#### Prompt
Your task is to filter the entries and copy every line containing the string "none".

Collected data:
———

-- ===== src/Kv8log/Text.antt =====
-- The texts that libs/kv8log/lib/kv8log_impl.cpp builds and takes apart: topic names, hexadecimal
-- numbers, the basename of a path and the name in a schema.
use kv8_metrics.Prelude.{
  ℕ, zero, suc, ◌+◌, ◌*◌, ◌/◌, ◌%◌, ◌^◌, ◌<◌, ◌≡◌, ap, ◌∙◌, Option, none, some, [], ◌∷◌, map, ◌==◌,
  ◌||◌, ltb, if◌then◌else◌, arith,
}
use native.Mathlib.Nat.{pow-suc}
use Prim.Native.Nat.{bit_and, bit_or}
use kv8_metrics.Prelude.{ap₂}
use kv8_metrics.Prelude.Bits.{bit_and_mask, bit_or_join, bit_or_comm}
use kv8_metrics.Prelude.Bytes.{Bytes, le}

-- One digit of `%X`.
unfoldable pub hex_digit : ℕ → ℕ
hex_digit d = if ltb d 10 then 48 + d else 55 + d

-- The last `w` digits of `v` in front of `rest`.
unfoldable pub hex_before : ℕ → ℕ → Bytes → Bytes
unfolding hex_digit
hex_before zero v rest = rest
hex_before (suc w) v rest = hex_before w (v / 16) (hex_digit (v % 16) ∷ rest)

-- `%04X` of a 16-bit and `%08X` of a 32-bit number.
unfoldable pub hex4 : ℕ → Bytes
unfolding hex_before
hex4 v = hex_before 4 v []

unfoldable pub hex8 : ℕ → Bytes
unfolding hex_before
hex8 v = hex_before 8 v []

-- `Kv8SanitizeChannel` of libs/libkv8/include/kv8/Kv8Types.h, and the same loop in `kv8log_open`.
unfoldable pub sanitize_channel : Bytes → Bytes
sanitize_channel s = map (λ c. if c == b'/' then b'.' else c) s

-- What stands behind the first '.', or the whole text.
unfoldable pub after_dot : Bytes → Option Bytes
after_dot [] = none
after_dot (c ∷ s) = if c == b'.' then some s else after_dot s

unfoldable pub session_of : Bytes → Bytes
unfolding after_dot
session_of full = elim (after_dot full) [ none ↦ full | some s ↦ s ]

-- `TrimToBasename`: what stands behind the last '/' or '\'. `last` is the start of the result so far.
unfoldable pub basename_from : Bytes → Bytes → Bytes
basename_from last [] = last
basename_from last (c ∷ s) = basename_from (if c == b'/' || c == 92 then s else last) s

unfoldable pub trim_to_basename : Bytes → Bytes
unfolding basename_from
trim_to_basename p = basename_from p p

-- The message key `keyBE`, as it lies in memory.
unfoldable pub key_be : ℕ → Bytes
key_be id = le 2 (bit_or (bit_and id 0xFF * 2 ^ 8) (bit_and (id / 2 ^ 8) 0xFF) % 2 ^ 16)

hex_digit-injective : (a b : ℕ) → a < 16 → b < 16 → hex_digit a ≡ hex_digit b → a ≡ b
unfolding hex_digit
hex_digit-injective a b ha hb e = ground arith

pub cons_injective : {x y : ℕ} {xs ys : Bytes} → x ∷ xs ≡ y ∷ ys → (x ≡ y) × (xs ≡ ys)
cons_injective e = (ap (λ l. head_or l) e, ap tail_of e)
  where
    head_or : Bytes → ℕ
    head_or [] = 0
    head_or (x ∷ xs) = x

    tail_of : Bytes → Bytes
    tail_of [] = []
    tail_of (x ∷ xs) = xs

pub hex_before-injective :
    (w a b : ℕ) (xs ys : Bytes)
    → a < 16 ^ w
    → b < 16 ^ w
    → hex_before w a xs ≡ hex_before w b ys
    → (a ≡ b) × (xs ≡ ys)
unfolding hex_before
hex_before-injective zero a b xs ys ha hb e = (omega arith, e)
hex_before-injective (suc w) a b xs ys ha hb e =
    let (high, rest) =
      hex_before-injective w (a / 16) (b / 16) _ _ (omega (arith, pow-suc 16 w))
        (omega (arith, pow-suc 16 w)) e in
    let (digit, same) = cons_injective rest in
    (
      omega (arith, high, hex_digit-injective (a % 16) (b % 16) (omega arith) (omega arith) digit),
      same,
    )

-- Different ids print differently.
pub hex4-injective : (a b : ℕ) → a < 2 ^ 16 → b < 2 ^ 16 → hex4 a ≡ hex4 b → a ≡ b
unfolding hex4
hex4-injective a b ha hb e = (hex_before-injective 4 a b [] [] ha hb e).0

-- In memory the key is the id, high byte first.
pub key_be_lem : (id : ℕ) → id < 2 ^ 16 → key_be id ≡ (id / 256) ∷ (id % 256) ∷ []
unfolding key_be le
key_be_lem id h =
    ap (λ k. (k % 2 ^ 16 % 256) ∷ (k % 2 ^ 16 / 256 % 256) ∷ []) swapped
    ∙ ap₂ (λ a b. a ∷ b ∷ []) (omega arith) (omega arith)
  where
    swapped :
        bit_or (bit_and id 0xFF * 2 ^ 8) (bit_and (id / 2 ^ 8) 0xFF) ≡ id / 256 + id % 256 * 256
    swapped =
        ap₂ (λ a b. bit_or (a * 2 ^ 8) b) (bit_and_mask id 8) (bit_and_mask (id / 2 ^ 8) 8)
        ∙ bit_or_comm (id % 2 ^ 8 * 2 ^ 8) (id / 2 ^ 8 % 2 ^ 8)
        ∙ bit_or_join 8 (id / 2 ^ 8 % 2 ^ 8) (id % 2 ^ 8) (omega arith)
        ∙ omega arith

———

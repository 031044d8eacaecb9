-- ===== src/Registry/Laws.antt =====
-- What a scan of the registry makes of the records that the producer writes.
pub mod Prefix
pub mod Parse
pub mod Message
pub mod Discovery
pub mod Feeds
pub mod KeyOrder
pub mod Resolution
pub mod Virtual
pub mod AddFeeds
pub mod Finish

———

#### Task response
  ℕ, zero, suc, ◌+◌, ◌*◌, ◌/◌, ◌%◌, ◌^◌, ◌<◌, ◌≡◌, ap, ◌∙◌, Option, none, some, [], ◌∷◌, map, ◌==◌,
after_dot [] = none
session_of full = elim (after_dot full) [ none ↦ full | some s ↦ s ]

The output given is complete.